*** Data for the task ***
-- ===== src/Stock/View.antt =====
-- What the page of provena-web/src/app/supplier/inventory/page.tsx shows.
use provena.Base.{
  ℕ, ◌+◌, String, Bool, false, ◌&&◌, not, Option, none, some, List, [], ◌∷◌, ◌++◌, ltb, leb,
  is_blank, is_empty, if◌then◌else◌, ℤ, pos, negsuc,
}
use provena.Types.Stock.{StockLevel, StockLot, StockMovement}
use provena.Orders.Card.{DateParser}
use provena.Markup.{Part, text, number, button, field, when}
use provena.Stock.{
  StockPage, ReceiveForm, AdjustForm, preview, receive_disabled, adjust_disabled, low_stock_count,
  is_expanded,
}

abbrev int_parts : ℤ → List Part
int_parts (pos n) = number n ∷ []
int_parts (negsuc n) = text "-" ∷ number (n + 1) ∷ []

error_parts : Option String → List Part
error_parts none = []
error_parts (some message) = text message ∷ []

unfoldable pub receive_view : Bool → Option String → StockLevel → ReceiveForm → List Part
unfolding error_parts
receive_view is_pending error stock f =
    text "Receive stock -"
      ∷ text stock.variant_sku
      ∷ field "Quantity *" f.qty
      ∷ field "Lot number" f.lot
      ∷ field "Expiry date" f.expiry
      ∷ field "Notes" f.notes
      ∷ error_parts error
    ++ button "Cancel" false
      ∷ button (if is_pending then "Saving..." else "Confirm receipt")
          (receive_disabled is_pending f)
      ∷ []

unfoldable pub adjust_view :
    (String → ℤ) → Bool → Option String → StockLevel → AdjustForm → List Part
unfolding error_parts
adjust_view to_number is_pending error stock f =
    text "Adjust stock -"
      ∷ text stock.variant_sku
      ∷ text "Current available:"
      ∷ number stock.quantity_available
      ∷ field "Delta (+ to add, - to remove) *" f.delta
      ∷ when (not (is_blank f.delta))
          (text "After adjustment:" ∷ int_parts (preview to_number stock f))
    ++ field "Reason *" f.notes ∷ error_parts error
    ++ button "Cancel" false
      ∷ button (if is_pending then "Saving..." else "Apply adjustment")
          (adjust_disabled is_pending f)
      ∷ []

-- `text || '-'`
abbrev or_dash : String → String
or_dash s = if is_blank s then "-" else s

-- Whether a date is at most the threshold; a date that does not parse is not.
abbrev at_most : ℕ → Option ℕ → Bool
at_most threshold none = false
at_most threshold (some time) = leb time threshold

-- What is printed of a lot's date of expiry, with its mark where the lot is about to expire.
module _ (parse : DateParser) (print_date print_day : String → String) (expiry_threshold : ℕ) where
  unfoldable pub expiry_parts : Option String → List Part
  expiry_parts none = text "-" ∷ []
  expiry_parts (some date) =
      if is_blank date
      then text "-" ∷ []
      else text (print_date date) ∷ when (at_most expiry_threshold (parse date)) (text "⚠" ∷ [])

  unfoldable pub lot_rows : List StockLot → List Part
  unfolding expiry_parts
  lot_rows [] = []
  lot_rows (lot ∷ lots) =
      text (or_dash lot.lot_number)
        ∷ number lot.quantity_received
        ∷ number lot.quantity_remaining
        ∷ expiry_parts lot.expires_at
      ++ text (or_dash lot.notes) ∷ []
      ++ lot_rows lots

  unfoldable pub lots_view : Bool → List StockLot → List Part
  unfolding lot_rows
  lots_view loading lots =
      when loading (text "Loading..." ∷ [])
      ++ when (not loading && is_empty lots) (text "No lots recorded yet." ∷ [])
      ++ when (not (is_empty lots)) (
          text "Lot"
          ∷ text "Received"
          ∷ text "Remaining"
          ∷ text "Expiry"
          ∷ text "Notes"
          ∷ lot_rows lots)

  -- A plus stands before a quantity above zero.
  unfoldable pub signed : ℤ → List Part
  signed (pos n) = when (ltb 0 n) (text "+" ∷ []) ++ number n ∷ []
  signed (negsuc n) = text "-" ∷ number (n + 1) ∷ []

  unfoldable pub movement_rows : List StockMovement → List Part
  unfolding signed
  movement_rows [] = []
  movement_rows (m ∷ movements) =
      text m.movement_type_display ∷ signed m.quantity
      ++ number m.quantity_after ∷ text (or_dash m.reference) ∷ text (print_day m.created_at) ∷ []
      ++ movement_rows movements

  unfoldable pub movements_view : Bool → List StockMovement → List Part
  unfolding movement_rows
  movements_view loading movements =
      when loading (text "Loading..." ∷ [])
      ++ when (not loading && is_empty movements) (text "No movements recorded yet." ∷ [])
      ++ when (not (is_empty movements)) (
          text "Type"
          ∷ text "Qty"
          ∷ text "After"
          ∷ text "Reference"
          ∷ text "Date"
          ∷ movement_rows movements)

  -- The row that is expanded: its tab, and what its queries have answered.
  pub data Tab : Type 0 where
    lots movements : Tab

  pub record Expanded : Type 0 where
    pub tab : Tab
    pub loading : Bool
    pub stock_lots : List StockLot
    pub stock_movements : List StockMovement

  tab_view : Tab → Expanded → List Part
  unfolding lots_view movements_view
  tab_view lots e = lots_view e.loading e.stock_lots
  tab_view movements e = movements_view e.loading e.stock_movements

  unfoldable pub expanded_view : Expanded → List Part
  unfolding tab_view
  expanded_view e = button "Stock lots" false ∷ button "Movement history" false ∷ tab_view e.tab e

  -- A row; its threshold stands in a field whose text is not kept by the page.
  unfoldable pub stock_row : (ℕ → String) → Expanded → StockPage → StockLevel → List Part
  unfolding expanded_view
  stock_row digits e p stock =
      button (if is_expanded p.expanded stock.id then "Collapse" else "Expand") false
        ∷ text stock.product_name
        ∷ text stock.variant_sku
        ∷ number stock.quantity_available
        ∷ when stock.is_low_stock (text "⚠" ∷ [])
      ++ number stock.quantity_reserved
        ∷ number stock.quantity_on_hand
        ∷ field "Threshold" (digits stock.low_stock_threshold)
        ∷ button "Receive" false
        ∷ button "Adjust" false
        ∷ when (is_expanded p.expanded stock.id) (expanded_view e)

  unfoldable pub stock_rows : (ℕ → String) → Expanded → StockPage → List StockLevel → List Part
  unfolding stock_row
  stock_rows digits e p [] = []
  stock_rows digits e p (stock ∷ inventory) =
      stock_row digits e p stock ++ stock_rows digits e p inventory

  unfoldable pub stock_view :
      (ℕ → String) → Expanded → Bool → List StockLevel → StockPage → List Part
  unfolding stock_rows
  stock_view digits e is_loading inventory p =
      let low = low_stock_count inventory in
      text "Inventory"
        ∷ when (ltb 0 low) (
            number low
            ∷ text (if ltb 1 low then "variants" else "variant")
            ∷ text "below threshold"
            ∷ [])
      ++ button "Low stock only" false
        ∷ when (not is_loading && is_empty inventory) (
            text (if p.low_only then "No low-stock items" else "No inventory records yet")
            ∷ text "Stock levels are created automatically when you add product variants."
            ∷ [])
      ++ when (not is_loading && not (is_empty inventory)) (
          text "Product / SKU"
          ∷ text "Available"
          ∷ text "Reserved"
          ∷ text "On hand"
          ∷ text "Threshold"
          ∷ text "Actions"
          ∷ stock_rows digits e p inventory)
*** End of Data for the task ***
*** Data for the task ***
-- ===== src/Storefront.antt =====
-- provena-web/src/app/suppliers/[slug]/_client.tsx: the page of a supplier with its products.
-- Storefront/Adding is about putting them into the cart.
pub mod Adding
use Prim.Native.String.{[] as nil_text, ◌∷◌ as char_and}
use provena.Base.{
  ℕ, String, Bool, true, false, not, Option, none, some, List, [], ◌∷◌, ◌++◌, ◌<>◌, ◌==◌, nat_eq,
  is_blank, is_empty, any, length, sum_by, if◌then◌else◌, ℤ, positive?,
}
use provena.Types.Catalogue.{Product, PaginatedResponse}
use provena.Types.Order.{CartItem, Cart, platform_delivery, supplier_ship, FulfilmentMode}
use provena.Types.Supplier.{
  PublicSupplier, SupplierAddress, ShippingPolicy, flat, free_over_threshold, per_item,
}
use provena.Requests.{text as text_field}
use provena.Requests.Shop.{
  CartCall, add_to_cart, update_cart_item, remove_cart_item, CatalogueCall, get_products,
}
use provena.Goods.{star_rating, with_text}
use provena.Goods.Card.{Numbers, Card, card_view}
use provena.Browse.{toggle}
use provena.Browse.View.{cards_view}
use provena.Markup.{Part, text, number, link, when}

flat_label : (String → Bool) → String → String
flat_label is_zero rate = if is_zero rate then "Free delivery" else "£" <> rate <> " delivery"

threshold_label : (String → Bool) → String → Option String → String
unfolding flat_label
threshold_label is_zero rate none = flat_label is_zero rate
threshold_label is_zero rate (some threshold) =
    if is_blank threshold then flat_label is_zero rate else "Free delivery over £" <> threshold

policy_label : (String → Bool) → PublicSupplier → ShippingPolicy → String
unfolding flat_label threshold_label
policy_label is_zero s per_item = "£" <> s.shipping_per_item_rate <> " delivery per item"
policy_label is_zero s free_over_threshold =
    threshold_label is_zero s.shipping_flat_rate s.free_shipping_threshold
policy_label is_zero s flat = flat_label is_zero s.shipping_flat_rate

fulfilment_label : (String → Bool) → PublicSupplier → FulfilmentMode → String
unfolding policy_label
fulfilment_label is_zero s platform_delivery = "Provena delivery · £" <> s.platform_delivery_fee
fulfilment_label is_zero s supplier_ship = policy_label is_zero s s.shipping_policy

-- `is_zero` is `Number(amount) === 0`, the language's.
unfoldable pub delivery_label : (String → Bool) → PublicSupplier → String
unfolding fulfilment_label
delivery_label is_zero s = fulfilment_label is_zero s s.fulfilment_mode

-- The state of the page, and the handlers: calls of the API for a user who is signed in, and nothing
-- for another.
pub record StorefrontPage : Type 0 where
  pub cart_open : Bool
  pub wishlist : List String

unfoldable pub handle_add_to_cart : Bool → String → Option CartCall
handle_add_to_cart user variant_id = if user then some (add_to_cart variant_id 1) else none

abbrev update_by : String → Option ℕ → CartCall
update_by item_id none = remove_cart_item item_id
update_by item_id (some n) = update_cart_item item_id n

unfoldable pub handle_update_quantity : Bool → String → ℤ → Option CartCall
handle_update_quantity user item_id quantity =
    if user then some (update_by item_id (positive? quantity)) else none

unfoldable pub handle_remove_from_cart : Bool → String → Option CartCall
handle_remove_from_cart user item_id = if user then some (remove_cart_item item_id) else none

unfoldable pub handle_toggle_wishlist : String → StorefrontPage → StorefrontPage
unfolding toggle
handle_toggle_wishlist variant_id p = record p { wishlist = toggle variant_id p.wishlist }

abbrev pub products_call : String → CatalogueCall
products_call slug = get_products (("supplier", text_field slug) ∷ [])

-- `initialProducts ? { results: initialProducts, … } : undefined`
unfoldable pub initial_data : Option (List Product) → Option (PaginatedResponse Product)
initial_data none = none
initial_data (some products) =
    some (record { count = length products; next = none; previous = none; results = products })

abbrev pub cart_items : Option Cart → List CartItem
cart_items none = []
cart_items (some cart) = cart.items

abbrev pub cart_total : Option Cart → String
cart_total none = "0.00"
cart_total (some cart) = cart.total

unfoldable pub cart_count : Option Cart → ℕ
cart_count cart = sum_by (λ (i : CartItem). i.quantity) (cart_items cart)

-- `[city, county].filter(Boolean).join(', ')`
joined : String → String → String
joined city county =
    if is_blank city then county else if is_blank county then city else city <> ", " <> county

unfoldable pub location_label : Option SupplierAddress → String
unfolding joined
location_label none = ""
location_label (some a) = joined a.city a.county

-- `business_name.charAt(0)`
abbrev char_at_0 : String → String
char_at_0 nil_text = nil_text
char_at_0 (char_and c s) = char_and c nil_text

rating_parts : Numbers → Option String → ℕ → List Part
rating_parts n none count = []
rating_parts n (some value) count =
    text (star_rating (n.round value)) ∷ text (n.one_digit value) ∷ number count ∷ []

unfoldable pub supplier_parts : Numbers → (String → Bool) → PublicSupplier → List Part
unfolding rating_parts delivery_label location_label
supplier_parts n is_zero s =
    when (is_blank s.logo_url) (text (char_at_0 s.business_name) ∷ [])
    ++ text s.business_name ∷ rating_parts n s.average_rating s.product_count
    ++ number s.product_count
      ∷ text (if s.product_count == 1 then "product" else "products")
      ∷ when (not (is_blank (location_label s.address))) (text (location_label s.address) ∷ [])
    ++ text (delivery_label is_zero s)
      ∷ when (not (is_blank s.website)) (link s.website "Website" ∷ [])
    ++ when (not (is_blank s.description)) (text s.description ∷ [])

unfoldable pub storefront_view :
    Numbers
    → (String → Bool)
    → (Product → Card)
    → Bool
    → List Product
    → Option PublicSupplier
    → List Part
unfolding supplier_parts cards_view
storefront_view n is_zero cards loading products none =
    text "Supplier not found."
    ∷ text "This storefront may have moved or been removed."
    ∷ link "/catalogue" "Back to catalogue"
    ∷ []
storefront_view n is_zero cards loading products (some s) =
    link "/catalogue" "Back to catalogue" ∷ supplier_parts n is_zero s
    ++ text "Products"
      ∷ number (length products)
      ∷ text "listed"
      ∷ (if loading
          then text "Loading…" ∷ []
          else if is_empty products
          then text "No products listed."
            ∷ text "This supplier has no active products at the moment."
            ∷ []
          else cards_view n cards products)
*** End of Data for the task ***
Above this task is a listing. Restate, word for word and with nothing added, the lines from the one with "pub stock_lots : List StockLot" through the one with "text (if ltb".

→ Written solution
    pub stock_lots : List StockLot
    pub stock_movements : List StockMovement

  tab_view : Tab → Expanded → List Part
  unfolding lots_view movements_view
  tab_view lots e = lots_view e.loading e.stock_lots
  tab_view movements e = movements_view e.loading e.stock_movements

  unfoldable pub expanded_view : Expanded → List Part
  unfolding tab_view
  expanded_view e = button "Stock lots" false ∷ button "Movement history" false ∷ tab_view e.tab e

  -- A row; its threshold stands in a field whose text is not kept by the page.
  unfoldable pub stock_row : (ℕ → String) → Expanded → StockPage → StockLevel → List Part
  unfolding expanded_view
  stock_row digits e p stock =
      button (if is_expanded p.expanded stock.id then "Collapse" else "Expand") false
        ∷ text stock.product_name
        ∷ text stock.variant_sku
        ∷ number stock.quantity_available
        ∷ when stock.is_low_stock (text "⚠" ∷ [])
      ++ number stock.quantity_reserved
        ∷ number stock.quantity_on_hand
        ∷ field "Threshold" (digits stock.low_stock_threshold)
        ∷ button "Receive" false
        ∷ button "Adjust" false
        ∷ when (is_expanded p.expanded stock.id) (expanded_view e)

  unfoldable pub stock_rows : (ℕ → String) → Expanded → StockPage → List StockLevel → List Part
  unfolding stock_row
  stock_rows digits e p [] = []
  stock_rows digits e p (stock ∷ inventory) =
      stock_row digits e p stock ++ stock_rows digits e p inventory

  unfoldable pub stock_view :
      (ℕ → String) → Expanded → Bool → List StockLevel → StockPage → List Part
  unfolding stock_rows
  stock_view digits e is_loading inventory p =
      let low = low_stock_count inventory in
      text "Inventory"
        ∷ when (ltb 0 low) (
            number low
            ∷ text (if ltb 1 low then "variants" else "variant")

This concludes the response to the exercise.